Наступило неловкое молчание. Только разговоры о боге приводили порой к ссорам эту дружную, всегда согласную во всем троицу. Мартине было всего двадцать девять лет, на год больше, чем доктору, когда она поступила к нему в услужение, а он только начинал свою деятельность врача в маленьком светлом домике нового квартала Плассана. Тринадцать лет спустя один из братьев Паскаля, Саккар, овдовев и собираясь жениться вторично, прислал ему из Парижа свою семилетнюю дочь Клотильду, — и Мартина занялась воспитанием девочки, водила ее в церковь, стараясь передать ей свою горячую набожность. Доктор, человек широких взглядов, этому не препятствовал, ибо не считал себя вправе лишать людей счастья, какое дает вера. Позднее он сам взялся за образование девушки, стремясь внушить ей правильные, трезвые взгляды. Так жили они втроем вот уже почти восемнадцать лет, уединившись в Сулейяде — маленькой усадьбе одного из городских предместий неподалеку от церкви св. Сатюрнена, жили счастливо, — доктор был всецело поглощен своими трудами, в которые он не посвящал никого; их безмятежную жизнь нарушали только смутное беспокойство, все резче проявлявшиеся разногласия в вопросе веры.

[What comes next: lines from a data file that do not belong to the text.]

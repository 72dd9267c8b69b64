-- ===== src/Net/Ip.antt =====
-- IPv4 transmission, ICMP echo and UDP of net/stack.c.
pub mod Header
pub mod Send
pub mod Echo
use obsidian_kernel.Base.{
  ℕ, ◌+◌, ◌-◌, ◌*◌, ◌/◌, ◌%◌, ◌^◌, ◌==◌, ltb, not, Bool, true, false, List, [], ◌∷◌, ◌++◌, Option,
  none, some, if◌then◌else◌, length, set, take, u8, u16, bit_and,
}
use obsidian_kernel.Net.Run.{Run, done, overrun, ◌>>=◌}
use obsidian_kernel.Net.Wire.{
  Ipv4Hdr, ipv4_bytes, ipv4_size, UdpHdr, udp_bytes, udp_size, read8, read16, swap16, swap32,
}
use obsidian_kernel.Net.Checksum.{inet_csum}
use obsidian_kernel.Net.Link.{Nic, Net, eth_send, ethertype_ipv4, arp_resolve}

abbrev pub proto_icmp : ℕ
proto_icmp = 1

abbrev pub proto_udp : ℕ
proto_udp = 17

-- The header that `ipv4_send` builds for a segment of `seg_len` bytes, with its checksum field 0.
pub ipv4_fields : ℕ → ℕ → ℕ → ℕ → Ipv4Hdr
ipv4_fields local_ip dst proto seg_len = record {
  ver_ihl = 0x45;
  tos = 0;
  len = swap16 (seg_len + ipv4_size);
  id = 0;
  frag = 0;
  ttl = 64;
  proto = proto;
  csum = 0;
  src = swap32 local_ip;
  dst = swap32 dst;
}

pub ipv4_header : ℕ → ℕ → ℕ → ℕ → Ipv4Hdr
ipv4_header local_ip dst proto seg_len =
    let ip = ipv4_fields local_ip dst proto seg_len in
    record ip { csum = inet_csum (ipv4_bytes ip) [] }

-- What `udp_rx` prints: the number of bytes and the port they come from.
pub udp_rx : List ℕ → ℕ → Option (ℕ × ℕ)
udp_rx seg len = if ltb len udp_size then none else some (len - udp_size, swap16 (read16 seg 0))

pub udp_header : ℕ → ℕ → ℕ → UdpHdr
udp_header sport dport len = record {
  sport = swap16 sport;
  dport = swap16 dport;
  len = swap16 (u16 (len + 8));
  csum = 0;
}

-- The body of the reply to an echo request, before its checksum is put in.
pub echo_body : List ℕ → ℕ → List ℕ
echo_body body len = set (set (set (take len body) 0 0) 2 0) 3 0

pub echo_reply : List ℕ → ℕ → List ℕ
echo_reply body len =
    let reply = echo_body body len in
    let c = inet_csum reply [] in set (set reply 2 (u8 (c / 2 ^ 8))) 3 (u8 c)

unfoldable pub next_hop : {N : Type 0} → ℕ → Net N → ℕ
next_hop dst s =
    if bit_and dst 0xFFFFFFC0 == bit_and s.local_ip 0xFFFFFFC0 then dst else s.gateway_ip

module _ {N : Type 0} (nic : Nic N) (net_poll : Net N → Run (Net N)) where
  -- Once the address is known.
  unfoldable pub ipv4_transmit : ℕ → ℕ → List ℕ → Option (List ℕ) × Net N → Run (Bool × Net N)
  ipv4_transmit dst proto seg (none, s) = done (false, s)
  ipv4_transmit dst proto seg (some mac, s) =
      if ltb 1480 (length seg)
      then done (false, s)
      else done (
          eth_send nic ethertype_ipv4 mac
            (ipv4_bytes (ipv4_header s.local_ip dst proto (length seg)) ++ seg) s)

  unfoldable pub ipv4_send : ℕ → ℕ → List ℕ → Net N → Run (Bool × Net N)
  ipv4_send dst proto seg s = do
    resolved ← arp_resolve nic net_poll (next_hop dst s) s
    ipv4_transmit dst proto seg resolved

  -- `body` is what stands in the receive buffer from the message on. The reply has 1500 bytes of
  -- room; the header that the code builds beside it is not sent.
  unfoldable pub icmp_rx : List ℕ → ℕ → ℕ → Net N → Run (Net N)
  icmp_rx body len src s =
      if ltb len 8
      then done s
      else if not (read8 body 0 == 8)
      then done s
      else if ltb 1500 len
      then overrun
      else (do (ok, s) ← ipv4_send src proto_icmp (echo_reply body len) s; done s)

  -- True for the result 0.
  pub udp_send : ℕ → ℕ → ℕ → List ℕ → Net N → Run (Bool × Net N)
  udp_send dst dport sport bytes s =
      let len = length bytes in
      if ltb 1400 len
      then done (false, s)
      else ipv4_send dst proto_udp (udp_bytes (udp_header sport dport len) ++ bytes) s
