-- ===== src/Net/Link/Laws.antt =====
-- Address resolution: what a cached address gives, and what becomes of the packets of other hosts.
use obsidian_kernel.Base.{
  ℕ, List, some, ◌≡◌, ◌⊎◌, refl, get_or, ==_iff, arith, ◌-◌, ◌++◌, ltb, length, Bool-cases, inl,
  inr,
}
use obsidian_kernel.Net.Run.{Run, done}
use obsidian_kernel.Net.Wire.{arp_read, le16, swap_type}
use obsidian_kernel.Net.Link.{Nic, Net, arp_resolve, arp_cached, arp_rx, eth_send, eth_size}

module _ {N : Type 0} (nic : Nic N) where
  pub arp_resolve-cached :
      (net_poll : Net N → Run (Net N)) (ip : ℕ) (s : Net N)
      → s.arp_spa ≡ ip
      → arp_resolve nic net_poll ip s ≡ done (some s.arp_tha, s)
  unfolding arp_resolve arp_cached
  arp_resolve-cached net_poll ip s e = rw ((==_iff s.arp_spa ip).1 e) refl

  -- A packet whose operation is 1 or 2 in network order, a request or a reply of another host,
  -- changes nothing and is not answered.
  pub arp_rx-network_order :
      (b : List ℕ) (s : Net N)
      → get_or b 6 0 ≡ 0
      → (get_or b 7 0 ≡ 1) ⊎ (get_or b 7 0 ≡ 2)
      → arp_rx nic (arp_read b) s ≡ s
  unfolding arp_rx arp_read
  arp_rx-network_order b s z o = grind arith

  -- Sending changes the card only.
  pub eth_send-card :
      (kind : ℕ) (mac b : List ℕ) (s : Net N)
      → (card : N) × ((eth_send nic kind mac b s).1 ≡ record s { card = card })
  unfolding eth_send
  eth_send-card kind mac b s = elim (Bool-cases (ltb (1600 - eth_size) (length b))) [
    | inl e ↦ (s.card, rw e refl)
    | inr e ↦ (
      (nic.e1000_send (mac ++ (s.local_mac ++ (le16 (swap_type kind) ++ b))) s.card).1,
      rw e refl,
    )
  ]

Помрачневший Паскаль несколько минут ходил взад и вперед по комнате, затем сказал без обиняков:
— Знаешь, дорогая, все эти мистические бредни совсем сбили тебя с толку… Ваш боженька в тебе не нуждается, напрасно я не уберег тебя от него. Тогда тебе было бы куда легче!
Клотильда не сводила с него ясного взгляда и, дрожа от волнения, все же не сдавалась.
— Это тебе, учитель, было бы легче, если бы ты не смотрел на все только телесными очами… Есть еще нечто другое… Почему ты не хочешь этого понять?
Мартина поспешила прийти ей на помощь, как умела:
— И то верно, сударь, вы праведный человек, об этом я и толкую повсюду, вот вам и пойти бы с нами в церковь… Что и говорить, бог спасет вашу душу. Но как подумаю, что, может быть, вы не прямо попадете в рай, так меня дрожь пробирает…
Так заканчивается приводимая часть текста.